(Task requirements)
Answer with one number only, the count of lines in the material below that hold "positive".

(Excerpted data)
■ ■ ■ ■ ■ ■ ■

-- ===== src/Math/U256/Divide/Short.antt =====
-- The cases of `div` that do not need the long division: two words by two, and a divisor of one word.
use elysium_dex.Base.{
  ℕ, ◌+◌, ◌*◌, ◌/◌, ◌%◌, ◌^◌, ◌≤◌, ◌<◌, ◌≡◌, refl, ap, arith, Bool, true, false, if◌then◌else◌,
}
use elysium_dex.Base.Bits.{bit_or-eq-add}
use elysium_dex.Base.Words.{u64_mod, u128_mod, sub_u128, mul_u128}
use elysium_dex.Errors.{Result, ok, unwrap_ok}
use elysium_dex.Math.U256.{
  U256Muldiv, items, zero_u256, new, lo, hi_lo, num_words, get_word, update_word, try_into_u128,
}
use elysium_dex.Math.U256.Value.{value, AreWords, lo-eq-mod}
use elysium_dex.Math.U256.Product.{hi_lo-value, new-value}
use elysium_dex.Math.U256.Shift.{times}
use elysium_dex.Math.U256.Divide.{short_division, div_u128, div_word}
use elysium_dex.Math.U256.Divide.Normalise.{unscaled}
use elysium_dex.Math.U256.Divide.Steps.{then_returns}
use elysium_dex.Math.U256.Divide.Scaled.{Divides}
use native.Mathlib.Nat.{mul_comm, div-le_self, div-add-mod, mod-lt, mul-one, lt_of_mul-lt-mul_right}

-- One round: the word of the quotient, and what is left.
abbrev short_word : (d k x : ℕ) → ℕ × ℕ
short_word d k x = let d1 = hi_lo (lo k) x in (lo (d1 / d), sub_u128 d1 (mul_u128 d (d1 / d)))

short_word-value :
    (d k x : ℕ)
    → k < d
    → d < u64_mod
    → x < u64_mod
    → ((short_word d k x).0 * d + (short_word d k x).1 ≡ x + u64_mod * k)
      × ((short_word d k x).1 < d)
      × ((short_word d k x).0 < u64_mod)
short_word-value d k x hk hd hx =
    let low = lo-eq-mod k in
    let y = hi_lo (lo k) x in
    let joined = hi_lo-value (lo k) x (omega arith) hx in
    let divided = div-add-mod y d in
    let positive : 0 < d = omega arith in
    let small : y % d < d = mod-lt y positive in
    let below : y / d * d < u64_mod * d = omega (arith, joined, low, divided, mul_comm d (y / d)) in
    let word : y / d < u64_mod = lt_of_mul-lt-mul_right d below in
    let same : lo (y / d) ≡ y / d = omega (arith, lo-eq-mod (y / d)) in
    let product = ap (λ z. z * d) same in
    let swap = mul_comm d (y / d) in
    let rest : sub_u128 y (mul_u128 d (y / d)) ≡ y % d = omega (arith, joined, low, divided) in
    (
      omega (arith, rest, product, swap, divided, joined, low),
      omega (arith, rest, small),
      omega (arith, same, word),
    )

-- A quotient and a remainder that add up.
pub as_division :
    (u v : U256Muldiv) (flag : Bool) (q r : U256Muldiv) (result : Result (U256Muldiv × U256Muldiv))
    → 0 < value v
    → AreWords q
    → AreWords r
    → value u ≡ value q * value v + value r
    → value r < value v
    → result ≡ ok (q, if flag then r else zero_u256)
    → Divides u v flag result
as_division u v flag q r result hv wq wr e small returns = at_flag flag returns
  where
    exact : (value q ≡ value u / value v) × (value r / 1 ≡ value u % value v)
    exact =
        unscaled (value u) (value v) 1 (value q) (value r) hv (omega arith)
          (omega (arith, e, ap (λ y. value q * y) (mul-one (value v)))) (omega arith)

    at_flag :
        (flag : Bool) → result ≡ ok (q, if flag then r else zero_u256) → Divides u v flag result
    at_flag true returns = (q, r, returns, wq, exact.0, wr, omega (arith, exact.1))
    at_flag false returns = (
      q,
      zero_u256,
      returns,
      wq,
      exact.0,
      (omega arith, omega arith, omega arith, omega arith),
      refl,
    )

pub word_3 :
    (u0 u1 u2 v0 : ℕ) (flag : Bool)
    → AreWords (items u0 u1 u2 0)
    → 0 < v0
    → v0 < u64_mod
    → Divides
        (items u0 u1 u2 0)
        (items v0 0 0 0)
        flag
        (div_word 3 (items u0 u1 u2 0) (items v0 0 0 0) flag)
unfolding div_word short_division get_word update_word
word_3 u0 u1 u2 v0 flag (h0, h1, h2, h3) positive hv =
    let r2 = short_word v0 0 u2 in
    let r1 = short_word v0 r2.1 u1 in
    let r0 = short_word v0 r1.1 u0 in
    let (e2, s2, w2) = short_word-value v0 0 u2 positive hv h2 in
    let (e1, s1, w1) = short_word-value v0 r2.1 u1 s2 hv h1 in
    let (e0, s0, w0) = short_word-value v0 r1.1 u0 s1 hv h0 in
    let (words, number) = new-value 0 r0.1 (omega arith) (omega arith) in
    as_division (items u0 u1 u2 0) (items v0 0 0 0) flag (items r0.0 r1.0 r2.0 0) (new 0 r0.1)
      (div_word 3 (items u0 u1 u2 0) (items v0 0 0 0) flag) (omega arith) (w0, w1, w2, omega arith)
      words (omega (arith, e0, e1, e2, number, times r0.0 r1.0 r2.0 0 (value (items v0 0 0 0))))
      (omega (arith, number)) refl

pub word_4 :
    (u0 u1 u2 u3 v0 : ℕ) (flag : Bool)
    → AreWords (items u0 u1 u2 u3)
    → 0 < v0
    → v0 < u64_mod
    → Divides
        (items u0 u1 u2 u3)
        (items v0 0 0 0)
        flag
        (div_word 4 (items u0 u1 u2 u3) (items v0 0 0 0) flag)
unfolding div_word short_division get_word update_word
word_4 u0 u1 u2 u3 v0 flag (h0, h1, h2, h3) positive hv =
    let r3 = short_word v0 0 u3 in
    let r2 = short_word v0 r3.1 u2 in
    let r1 = short_word v0 r2.1 u1 in
    let r0 = short_word v0 r1.1 u0 in
    let (e3, s3, w3) = short_word-value v0 0 u3 positive hv h3 in
    let (e2, s2, w2) = short_word-value v0 r3.1 u2 s3 hv h2 in
    let (e1, s1, w1) = short_word-value v0 r2.1 u1 s2 hv h1 in
    let (e0, s0, w0) = short_word-value v0 r1.1 u0 s1 hv h0 in
    let (words, number) = new-value 0 r0.1 (omega arith) (omega arith) in
    as_division (items u0 u1 u2 u3) (items v0 0 0 0) flag (items r0.0 r1.0 r2.0 r3.0) (new 0 r0.1)
      (div_word 4 (items u0 u1 u2 u3) (items v0 0 0 0) flag) (omega arith) (w0, w1, w2, w3) words
      (omega (arith, e0, e1, e2, e3, number, times r0.0 r1.0 r2.0 r3.0 (value (items v0 0 0 0))))
      (omega (arith, number)) refl

-- A number of two words is a `u128`.
pub try_into_u128-value :
    (a b : ℕ) → a < u64_mod → b < u64_mod → try_into_u128 (items a b 0 0) ≡ ok (a + u64_mod * b)
unfolding try_into_u128 num_words
try_into_u128-value a b ha hb =
    let small : (b * 2 ^ 64 % u128_mod) % 2 ^ 64 ≡ 0 = omega arith in
    let joined = bit_or-eq-add 64 (b * 2 ^ 64 % u128_mod) a small ha in ground (arith, joined)

pub two_by_two :
    (u0 u1 v0 v1 : ℕ) (flag : Bool)
    → u0 < u64_mod
    → u1 < u64_mod
    → v0 < u64_mod
    → v1 < u64_mod
    → 0 < value (items v0 v1 0 0)
    → Divides
        (items u0 u1 0 0)
        (items v0 v1 0 0)
        flag
        (div_u128 (items u0 u1 0 0) (items v0 v1 0 0) flag)
unfolding div_u128
two_by_two u0 u1 v0 v1 flag h0 h1 g0 g1 positive =
    let n : ℕ = u0 + u64_mod * u1 in
    let d : ℕ = v0 + u64_mod * v1 in
    let read_n = try_into_u128-value u0 u1 h0 h1 in
    let read_d = try_into_u128-value v0 v1 g0 g1 in
    let nonzero : 0 < d = omega arith in
    let divided = div-add-mod n d in
    let small : n % d < d = mod-lt n nonzero in
    let bound : n / d ≤ n = div-le_self n d in
    let (wq, eq) = new-value 0 (n / d) (omega arith) (omega arith) in
    let (wr, er) = new-value 0 (n % d) (omega arith) (omega arith) in
    let eq' : value (new 0 (n / d)) ≡ n / d = omega arith in
    as_division (items u0 u1 0 0) (items v0 v1 0 0) flag (new 0 (n / d)) (new 0 (n % d))
      (div_u128 (items u0 u1 0 0) (items v0 v1 0 0) flag) positive wq wr
      (omega (arith, er, divided, ap (λ y. y * d) eq', mul_comm d (n / d)))
      (omega (arith, er, small))
      (then_returns _ _ (ap unwrap_ok read_n) (then_returns _ _ (ap unwrap_ok read_d) refl))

■ ■ ■ ■ ■ ■ ■

(Expected answer)
8